From the Front Lines: Lessons on Care Coordination

CHI, to learn how care coordination occurs on the front lines of the Colorado Medicaid Accountable Care Collaborative (ACC), conducted more than  20 key informant interviews with health care providers, care coordinators and Regional Care Collaborative Organization (RCCO) executives. The findings were presented at CHI’s second Safety Net Advisory Committee (SNAC) Lab on June 28. CHI documented three ways care coordination is being implemented:

  • Assembling multidisciplinary care coordination teams.

Care coordinators often come from diverse disciplines, including medicine, social work, behavioral and public health. The breadth of experience on a care coordination team may help patients who have complex medical as well as social supports needs. Care coordinators may talk to patients via telephone, meet them at their medical home or even visit them at their residence. The trust they build with patients is crucial to promoting better health outcomes.

  • Practicing targeted scheduling.

Care coordinators, including social and behavioral health workers, may have regular office hours at a medical home. This allows a patient to be scheduled for an appointment when both their medical and social supports needs can be addressed. For example, a diabetic patient needing housing assistance may be scheduled for her check-up at her medical home when a social worker is available.
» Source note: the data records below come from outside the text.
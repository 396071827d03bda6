-- ===== src/Tests/Memory.antt =====
-- A database in memory that keeps the laws which the development asks of MongoDB.
use quickbite_analytics_serv.Base.{
  String, ◌≡◌, refl, Bool, true, false, ◌||◌, ◌&&◌, not, inl, inr, Bool-cases, Option, none, some,
  List, [], ◌∷◌, str_eq, if◌then◌else◌,
}
use quickbite_analytics_serv.Base.Int.{ℤ, pos}
use quickbite_analytics_serv.Errors.{Err, plain, Result, ok, err}
use quickbite_analytics_serv.Exec.{Exec}
use quickbite_analytics_serv.Mongo.{Mongo}
use quickbite_analytics_serv.Mongo.Values.{Bson, str, int, time, Document, is, Filter}
use quickbite_analytics_serv.Mongo.Rows.{assoc, upsert_at, bulk_at}
use quickbite_analytics_serv.Mongo.Laws.{UpsertLaws, MarkerLaws}
use quickbite_analytics_serv.Repository.Indexes.{all_indexes, collection_event_ids}

pub record World : Type 0 where
  pub rows : String → Filter → Option Document
  pub marks : String → Bool

abbrev pub empty : World
empty = record { rows = λ c f. none; marks = λ i. false }

abbrev duplicate : Err
duplicate = plain "E11000 duplicate key error"

abbrev insert : Option Bson → Exec World (Unit {0})
insert (some (str i)) w =
    if w.marks i
    then (err duplicate, w)
    else (ok tt, record w { marks = λ j. str_eq i j || w.marks j })
insert _ w = (ok tt, w)

abbrev delete : Filter → Exec World (Unit {0})
delete ((k, is (str i)) ∷ []) w = (ok tt, record w { marks = λ j. not (str_eq i j) && w.marks j })
delete _ w = (ok tt, w)

abbrev read_int : Option Bson → Result ℤ
read_int (some (int n)) = ok n
read_int _ = ok (pos 0)

abbrev read_str : Option Bson → Result String
read_str (some (str s)) = ok s
read_str _ = ok ""

abbrev read_time : Option Bson → Result ℤ
read_time (some (time t)) = ok t
read_time _ = ok (pos 0)

abbrev pub memory : Mongo World
memory = record {
  now = λ w. pos 0;
  update_one = λ c f u w. (
    ok tt,
    record w { rows = λ d g. if str_eq c d then upsert_at f u g (w.rows d g) else w.rows d g },
  );
  bulk_write = λ c ms w. (
    ok tt,
    record w { rows = λ d g. if str_eq c d then bulk_at ms g (w.rows d g) else w.rows d g },
  );
  find = λ c f order w. (ok [], w);
  find_one = λ c f w. (ok none, w);
  aggregate = λ c stages w. (ok [], w);
  insert_one = λ c doc. insert (assoc "event_id" doc);
  delete_one = λ c f. delete f;
  decode_int = read_int;
  decode_str = read_str;
  decode_time = read_time;
  write_errors = λ e. 11000 ∷ [];
  create_many = λ c models w. (ok tt, w);
}

abbrev pub memory_upserts : UpsertLaws memory all_indexes
memory_upserts = record {
  row = λ w c f. w.rows c f;
  update_one_row = λ c f u w key done d g. refl;
  bulk_write_row = λ c ms w keys apart done d g. refl;
}

pub insert_fresh :
    (i : String) (doc : List (String × Bson)) (w : World)
    → assoc "event_id" doc ≡ some (str i)
    → (memory.insert_one collection_event_ids doc w).0 ≡ ok tt
    → (w.marks i ≡ false)
      × ((j : String)
          → (memory.insert_one collection_event_ids doc w).1.marks j ≡ (str_eq i j || w.marks j))
insert_fresh i doc w keyed done = elim (Bool-cases (w.marks i)) [
  | inl marked ↦ let impossible : err duplicate ≡ ok tt = rw (keyed, marked) at done in cc
  | inr unmarked ↦ (unmarked, λ j. rw keyed (rw unmarked refl))
]

pub insert_refused :
    (i : String) (doc : List (String × Bson)) (w : World) (e : Err)
    → assoc "event_id" doc ≡ some (str i)
    → (memory.insert_one collection_event_ids doc w).0 ≡ err e
    → w.marks i ≡ true
insert_refused i doc w e keyed failed = elim (Bool-cases (w.marks i)) [
  | inl marked ↦ marked
  | inr unmarked ↦ let impossible : ok tt ≡ err e = rw (keyed, unmarked) at failed in cc
]

abbrev pub memory_markers : MarkerLaws memory collection_event_ids "event_id"
memory_markers = record {
  marked = λ w i. w.marks i;
  insert_fresh = insert_fresh;
  insert_again = λ i doc w keyed marked.
      (rw keyed (rw marked refl), (duplicate, rw keyed (rw marked refl), refl));
  insert_refused =
      λ i doc w e before after keyed failed same. insert_refused i doc w e keyed failed;
  delete_marked = λ i w done j. refl;
}
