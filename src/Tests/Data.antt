-- ===== src/Tests/Data.antt =====
-- An order, and what the tests read of it.
use quickbite_analytics_serv.Base.{String, [], ◌∷◌}
use quickbite_analytics_serv.Base.Int.{ℤ, pos, negsuc}
use quickbite_analytics_serv.Types.{
  OrderItemInput, OnOrderPlacedInput, OnOrderRejectedInput, OnOrderDeliveredInput,
}

-- every instant of the tests is on one day
abbrev pub utc_date : ℤ → String
utc_date t = "2026-05-21"

abbrev pub pizza : OrderItemInput
pizza = record { product_id = pos 31; quantity = pos 2; line_total = pos 1800 }

abbrev pub cola : OrderItemInput
cola = record { product_id = pos 32; quantity = pos 1; line_total = pos 200 }

abbrev pub order : OnOrderPlacedInput
order = record {
  order_id = "ord-1";
  restaurant_id = pos 7;
  branch_id = pos 70;
  country_code = "EG";
  currency = "EGP";
  total = pos 2500;
  placed_at = pos 1000;
  items = pizza ∷ cola ∷ [];
}

abbrev pub rejection : OnOrderRejectedInput
rejection = record {
  order_id = "ord-1";
  restaurant_id = pos 7;
  branch_id = pos 70;
  country_code = "EG";
  currency = "EGP";
  rejected_at = pos 2000;
}

-- a delivery whose clock runs behind
abbrev pub skewed_delivery : OnOrderDeliveredInput
skewed_delivery = record {
  order_id = "ord-1";
  restaurant_id = pos 7;
  branch_id = pos 70;
  country_code = "EG";
  currency = "EGP";
  delivered_at = pos 3000;
  delivery_ms = negsuc 4;
}
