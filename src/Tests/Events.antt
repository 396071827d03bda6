-- ===== src/Tests/Events.antt =====
-- The events at concrete deliveries. The consumer runs over a set of markers and a count of the
-- events that were handled.
use quickbite_analytics_serv.Base.{
  ℕ, suc, String, ◌≡◌, refl, Bool, true, false, ◌||◌, ◌&&◌, not, inl, inr, Bool-cases, none, List,
  [], ◌∷◌, str_eq, if◌then◌else◌,
}
use quickbite_analytics_serv.Base.Int.{ℤ, pos}
use quickbite_analytics_serv.Errors.{plain, ok, err, is_permanent}
use quickbite_analytics_serv.Exec.{Exec}
use quickbite_analytics_serv.Messaging.{Delivery, ConsumerOptions}
use quickbite_analytics_serv.Repository.Interfaces.{distinct_products}
use quickbite_analytics_serv.Repository.Stores.{new_analytics_service}
use quickbite_analytics_serv.Service.Writes.{
  on_order_placed, on_order_rejected, on_order_delivered, on_payment_completed,
}
use quickbite_analytics_serv.Events.Items.{OrderItemPayload, to_item_inputs}
use quickbite_analytics_serv.Events.Items.Laws.{
  to_item_inputs-distinct, held-to_item_inputs, held, sums_from,
}
use quickbite_analytics_serv.Events.Payloads.{Envelope, Decoders, EventService}
use quickbite_analytics_serv.Events.Handlers.{
  EventHandler, handle_order_placed, handle_order_rejected, handle_order_delivered,
  handle_payment_completed,
}
use quickbite_analytics_serv.Events.Handlers.Inputs.{
  Passes, GoodPlaced, GoodPayment, GoodRejected, GoodDelivered,
}
use quickbite_analytics_serv.Events.Handlers.Laws.{handlers_cases}
use quickbite_analytics_serv.Events.Consumer.{EventDeduper, Consumer, dispatch}
use quickbite_analytics_serv.Events.Consumer.Laws.{
  DeduperLaws, Named, KeepsMarks, handled_once, transient_released,
}
use quickbite_analytics_serv.Tests.Memory.{World, empty, memory}
use quickbite_analytics_serv.Tests.Data.{utc_date}

abbrev line : ℤ → ℤ → OrderItemPayload
line product total = record {
  product_id = product;
  quantity = pos 1;
  unit_price_snapshot = total;
  line_total = total;
}

-- two lines of one product, and one of another
abbrev lines : List OrderItemPayload
lines = line (pos 31) (pos 900) ∷ line (pos 32) (pos 200) ∷ line (pos 31) (pos 900) ∷ []

to_item_inputs-distinct_example : distinct_products (to_item_inputs lines) ≡ true
to_item_inputs-distinct_example = to_item_inputs-distinct lines

held-to_item_inputs_example : held (pos 31) (to_item_inputs lines) ≡ sums_from (pos 31) none lines
held-to_item_inputs_example = held-to_item_inputs (pos 31) lines

abbrev pub json : Decoders (Unit {0})
json = record {
  order_placed = λ raw. ok (record {
    order_id = "ord-1";
    region = "eg";
    country_code = "EG";
    restaurant_id = pos 7;
    branch_id = pos 70;
    customer_id = pos 5;
    status = "placed";
    subtotal = pos 2000;
    delivery_fee = pos 0;
    service_fee = pos 0;
    total = pos 2000;
    currency = "EGP";
    items = lines;
    placed_at = "2026-05-21T10:00:00Z";
  });
  order_rejected = λ raw. ok (record {
    order_id = "ord-1";
    region = "eg";
    country_code = "";
    restaurant_id = pos 7;
    branch_id = pos 70;
    currency = "EGP";
    rejected_at = "2026-05-21T10:05:00Z";
  });
  order_delivered = λ raw. ok (record {
    order_id = "ord-1";
    region = "eg";
    country_code = "EG";
    restaurant_id = pos 7;
    branch_id = pos 70;
    currency = "EGP";
    placed_at = "2026-05-21T10:00:00Z";
    delivered_at = "2026-05-21T10:30:00Z";
  });
  payment_completed = λ raw. ok (record {
    order_id = "ord-1";
    region = "eg";
    country_code = "";
    restaurant_id = pos 7;
    branch_id = pos 70;
    total = pos 2000;
    currency = "EGP";
    items = lines;
    completed_at = "2026-05-21T10:01:00Z";
  });
  parse_rfc3339 = λ text. ok (pos 1000);
}

abbrev pub service : EventService World
service = record {
  on_order_placed = on_order_placed (new_analytics_service memory) utc_date;
  on_order_rejected = on_order_rejected (new_analytics_service memory) utc_date;
  on_order_delivered = on_order_delivered (new_analytics_service memory) utc_date;
  on_payment_completed = on_payment_completed (new_analytics_service memory) utc_date;
}

abbrev pub envelope : Envelope (Unit {0})
envelope = record {
  event_id = "evt-1";
  event_type = "order.placed";
  occurred_at = "2026-05-21T10:00:00Z";
  aggregate_type = "order";
  aggregate_id = "ord-1";
  payload = tt;
}

handlers_cases_example :
    Passes service.on_order_placed
      (GoodPlaced json envelope)
      (handle_order_placed json service envelope)
      empty
    × Passes service.on_payment_completed
        (GoodPayment json envelope)
        (handle_payment_completed json service envelope)
        empty
    × Passes service.on_order_rejected
        (GoodRejected json envelope)
        (handle_order_rejected json service envelope)
        empty
    × Passes service.on_order_delivered
        (GoodDelivered json envelope)
        (handle_order_delivered json service envelope)
        empty
handlers_cases_example = handlers_cases json service envelope empty

-- the state of the consumer's tests
pub record Seen : Type 0 where
  pub marks : String → Bool
  pub handled : ℕ

abbrev pub start : Seen
start = record { marks = λ i. false; handled = 0 }

abbrev mark : String → Exec Seen Bool
mark i s =
    if s.marks i
    then (ok false, s)
    else (ok true, record s { marks = λ j. str_eq i j || s.marks j })

abbrev pub deduper : EventDeduper Seen
deduper = record {
  mark_seen = mark;
  forget = λ i s. (ok tt, record s { marks = λ j. not (str_eq i j) && s.marks j });
}

pub mark_fresh :
    (i : String) (s : Seen)
    → (mark i s).0 ≡ ok true
    → (s.marks i ≡ false) × ((j : String) → (mark i s).1.marks j ≡ (str_eq i j || s.marks j))
mark_fresh i s done = elim (Bool-cases (s.marks i)) [
  | inl marked ↦ let impossible : ok false ≡ ok true = rw marked at done in cc
  | inr unmarked ↦ (unmarked, λ j. rw unmarked refl)
]

pub mark_refused : (i : String) (s : Seen) → (mark i s).0 ≡ ok false → s.marks i ≡ true
mark_refused i s done = elim (Bool-cases (s.marks i)) [
  | inl marked ↦ marked
  | inr unmarked ↦ let impossible : ok true ≡ ok false = rw unmarked at done in cc
]

abbrev pub deduper_laws : DeduperLaws deduper
deduper_laws = record {
  marked = λ s i. s.marks i;
  mark_fresh = mark_fresh;
  mark_again = λ i s marked. rw marked refl;
  mark_refused = mark_refused;
  forget_ok = λ i s done j. refl;
}

abbrev pub count : EventHandler Seen (Unit {0})
count env s = (ok tt, record s { handled = suc s.handled })

abbrev time_out : EventHandler Seen (Unit {0})
time_out env s = (err (plain "timeout"), s)

abbrev pub topology : ConsumerOptions
topology = record {
  exchange = "order.events";
  queue = "analytics-service.order-events";
  binding_keys = "order.#" ∷ "payment.#" ∷ [];
  dead_letter_exchange = "order.events.dlx";
  dead_letter_queue = "analytics-service.order-events.dlq";
  prefetch = pos 32;
}

abbrev pub consumer : EventHandler Seen (Unit {0}) → Consumer Seen (Unit {0}) (Unit {0})
consumer h = record {
  decode = λ body. ok envelope;
  deduper = deduper;
  topology = topology;
  handlers = ("order.placed", h) ∷ [];
}

abbrev pub delivery : Delivery Seen (Unit {0})
delivery = record {
  routing_key = "order.placed";
  body = tt;
  ack = λ s. (ok tt, s);
  nack = λ requeue s. (ok tt, s);
}

abbrev pub named :
    (h : EventHandler Seen (Unit {0})) → Named (consumer h) deduper_laws delivery envelope
named h = record { decoded = refl; id_given = refl; type_given = refl }

abbrev keeps_count : KeepsMarks (consumer count) deduper_laws count delivery
keeps_count = record {
  handler_keeps = λ env s j. refl;
  ack_keeps = λ s j. refl;
  nack_keeps = λ b s j. refl;
}

abbrev keeps_time_out : KeepsMarks (consumer time_out) deduper_laws time_out delivery
keeps_time_out = record {
  handler_keeps = λ env s j. refl;
  ack_keeps = λ s j. refl;
  nack_keeps = λ b s j. refl;
}

handled_once_example :
    dispatch (consumer count) delivery (dispatch (consumer count) delivery start).1
    ≡ (ok tt, (dispatch (consumer count) delivery start).1)
handled_once_example =
    handled_once (consumer count) deduper_laws delivery envelope count start (named count) refl refl
      delivery envelope keeps_count tt (named count) refl

transient_released_example : (dispatch (consumer time_out) delivery start).1.marks "evt-1" ≡ false
unfolding is_permanent
transient_released_example =
    transient_released (consumer time_out) deduper_laws delivery envelope time_out start
      (named time_out) refl refl (plain "timeout") keeps_time_out refl refl refl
Targeted scheduling improves efficiency by treating disparate health factors in one place during the same appointment.

  • Combining data resources.

The ACC is data driven. RCCOs use data provided by the Statewide Data and Analytics Contractor (SDAC) to learn a patient’s history, categorize patients into risk tiers and respond to patient behaviors. However, the data, which originates from Medicaid claims, is not available in real time.  If a patient visited the emergency department yesterday, care coordinators may not learn of the incident for months. But many RCCOs and PCMPs are building relationships and combining data resources to fill the data gap. By establishing trust and data sharing agreements with other providers, hospitals, mental health clinics and other facilities, care coordinators have an enhanced ability to know where their patients are presenting and more effectively intervene.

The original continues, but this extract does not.